A federal judge in California has delivered a significant ruling in favor of WhatsApp in its legal dispute with NSO Group, an Israeli spyware vendor. The case centers around the use of Pegasus, a sophisticated spyware tool developed by NSO, which exploited a vulnerability in WhatsApp’s voice calling feature. The spyware was used to target and infiltrate 1,400 devices in May 2019. Judge Phyllis J. Hamilton’s ruling condemned NSO Group for repeatedly failing to comply with discovery orders and for not providing the necessary Pegasus source code, raising serious concerns about the company’s transparency and willingness to cooperate with the court.

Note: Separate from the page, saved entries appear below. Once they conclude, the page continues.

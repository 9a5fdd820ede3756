-- ===== src/Client/Local/Target.antt =====
-- The identifier that `compose_transaction_local` of client/dioxclient.py calls, and what the
-- constructor in client/transaction.py makes of it.
use dioxide_python.Prelude.{
  ap, ℕ, ◌≡◌, refl, ◌∙◌, sym, ◌+◌, ◌*◌, ◌/◌, ◌^◌, Bool, true, false, ◌==◌, bit_and, bit_or, Option,
  none, some, if◌then◌else◌,
}
use dioxide_python.Prelude.Result.{Result, ok, err, Error, ◌>>=◌, >>=-eq-ok}
use dioxide_python.Bytes.{Bytes}
use dioxide_python.Contract.{
  ContractInvokeId, is_core_dapp, get_scope, core_contract_id_from_rvm, scope_address, contract_id,
  contract_version_id, ContractId, ContractVersionId, contract_invoke_id, read_id, packed,
}
use dioxide_python.Transaction.{UnsignedTransaction, unsigned_transaction, target}
use mathlib.Core.Path.{subst}
use dioxide_python.Client.Local.{invoke_id}
use dioxide_python.Client.Local.Asked.{call_of, expected_mode, IsTarget, IsInvoked}

abbrev result_or {ℓ} : {A : Type ℓ} → A → Result A → A
result_or a (ok b) = b
result_or a (err e) = a

pub invoke_id-IsInvoked :
    (c v : ℕ) (cid : ContractId) (version : ContractVersionId) (invoked : ContractInvokeId)
    → contract_id c none none none ≡ ok cid
    → contract_version_id v none none none none ≡ ok version
    → invoke_id cid version ≡ ok invoked
    → IsInvoked c v invoked
unfolding contract_id contract_version_id read_id invoke_id contract_invoke_id get_scope packed
invoke_id-IsInvoked c v cid version invoked hc hv h =
    let same_id = ap (λ r. result_or cid r) hc in
    let same_version = ap (λ r. result_or version r) hv in
    let same = ap (λ r. result_or invoked r) h in
    record {
      sn_ = sym (ap (λ i. i.id.sn) same) ∙ sym (ap (λ i. i.sn) same_id);
      engine_ = sym (ap (λ i. i.id.engine_id) same) ∙ sym (ap (λ i. i.engine_id) same_id);
      dapp_ = sym (ap (λ i. i.id.dapp_id) same) ∙ sym (ap (λ i. i.dapp_id) same_id);
      scope_ =
          sym (ap (λ i. i.scope) same)
          ∙ sym (ap (λ i. bit_and (bit_and i.value 0xFFF00 / 2 ^ 8) 0xFFF) same_id);
      build_ = sym (ap (λ i. i.build) same) ∙ sym (ap (λ i. i.build) same_version);
      value_ =
          subst
            (λ (i : ContractInvokeId).
              i.id.value
              ≡ bit_or
                  (bit_or (packed i.id.dapp_id i.id.engine_id i.id.sn)
                    (bit_and i.scope 0xFFF * 2 ^ 8))
                  (bit_and i.build 0xFF))
            same refl;
    }

expected :
    (b : Bool) (d : Option Bytes)
    → bit_or 0 (if b then elim d [ none ↦ 11 | some _ ↦ 1 ] else 12) ≡ expected_mode b d
expected true none = refl
expected true (some b) = refl
expected false d = refl

pub err_ne_ok : {A : Type 0} {x : Error} {n : A} → Result.err x ≡ ok n → ⊥
err_ne_ok h = cc

-- Either branch of the test for a core contract.
branch-parts :
    (b : Bool) (r : Result ℕ) (cid : ContractInvokeId) (other core : ℕ)
    (rvm : Option ContractInvokeId) (build : ℕ)
    → (if b
        then ◌>>=◌ {B = ℕ × (Option ContractInvokeId × ℕ)} r (λ c. ok (c, (none, cid.build)))
        else ok (other, (some cid, 0)))
      ≡ ok (core, (rvm, build))
    → (b ≡ true → (r ≡ ok core) × (rvm ≡ none) × (build ≡ cid.build))
      × (b ≡ false → (core ≡ other) × (rvm ≡ some cid) × (build ≡ 0))
branch-parts true (err e) cid other core rvm build h = absurd (err_ne_ok h)
branch-parts true (ok c) cid other core rvm build h =
    let same = ap (λ r. result_or (core, (rvm, build)) r) h in
    (
      λ _. (ap ok (ap (λ p. p.0) same), sym (ap (λ p. p.1.0) same), sym (ap (λ p. p.1.1) same)),
      λ no. cc,
    )
branch-parts false r cid other core rvm build h =
    let same = ap (λ r. result_or (core, (rvm, build)) r) h in
    (
      λ no. cc,
      λ _. (sym (ap (λ p. p.0) same), sym (ap (λ p. p.1.0) same), sym (ap (λ p. p.1.1) same)),
    )

target-parts :
    (cid : ContractInvokeId) (core : ℕ) (rvm : Option ContractInvokeId) (build : ℕ)
    → target cid ≡ ok (core, (rvm, build))
    → (is_core_dapp cid.id ≡ true
        → (core_contract_id_from_rvm cid.id ≡ ok core) × (rvm ≡ none) × (build ≡ cid.build))
      × (is_core_dapp cid.id ≡ false
          → (core ≡ 0x3F + get_scope cid.id * 64) × (rvm ≡ some cid) × (build ≡ 0))
unfolding target
target-parts cid core rvm build h =
    branch-parts (is_core_dapp cid.id) (core_contract_id_from_rvm cid.id) cid
      (0x3F + get_scope cid.id * 64) core rvm build h

pub unsigned-IsTarget :
    (cid : ContractInvokeId) (opcode version timestamp : ℕ) (delegatee : Option Bytes)
    (tx : UnsignedTransaction)
    → unsigned_transaction cid opcode version timestamp delegatee ≡ ok tx
    → (tx.opcode ≡ opcode) × (tx.delegatee ≡ delegatee) × IsTarget cid (call_of tx)
unfolding unsigned_transaction
unsigned-IsTarget cid opcode version timestamp delegatee tx h =
    let (parts, ht, made) = >>=-eq-ok (target cid) _ h in
    let (core, rvm) = target-parts cid parts.0 parts.1.0 parts.1.1 ht in
    subst
      (λ (t : UnsignedTransaction).
        (t.opcode ≡ opcode) × (t.delegatee ≡ delegatee) × IsTarget cid (call_of t))
      (ap (λ r. result_or tx r) made)
      (
        refl,
        refl,
        record {
          core_ = core;
          rvm_ = rvm;
          mode_ = expected (parts.0 / 64 == scope_address) delegatee;
        },
      )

The court’s decision also held NSO Group liable for breach of contract, as the company violated WhatsApp’s terms of service. WhatsApp’s terms explicitly prohibit using its platform for malicious purposes, such as deploying harmful code, reverse engineering the app, or accessing its servers without permission. This ruling underscores the importance of enforcing the terms of service to protect the privacy and security of users from harmful surveillance practices.
WhatsApp’s legal victory is seen as a crucial step in the fight against commercial spyware, which has been increasingly misused by authoritarian governments to target journalists, activists, and political opponents. WhatsApp head, Will Cathcart, hailed the ruling as a win for privacy, emphasizing that spyware companies should not be allowed to operate with immunity. The ruling serves as a reminder that tech companies and individuals targeted by such attacks have legal recourse and can hold perpetrators accountable for their unlawful activities.
The case now moves forward to determine the damages owed by NSO Group. WhatsApp first filed the lawsuit in late 2019, accusing NSO of exploiting a zero-day vulnerability (CVE-2019-3568) to deploy Pegasus. Court documents later revealed that NSO continued to misuse WhatsApp until May 2020. While NSO Group maintains that its tools are designed to assist law enforcement agencies in combating serious crimes, evidence has surfaced showing the misuse of Pegasus in surveillance campaigns targeting non-criminal individuals, further amplifying concerns about the tool’s ethical implications.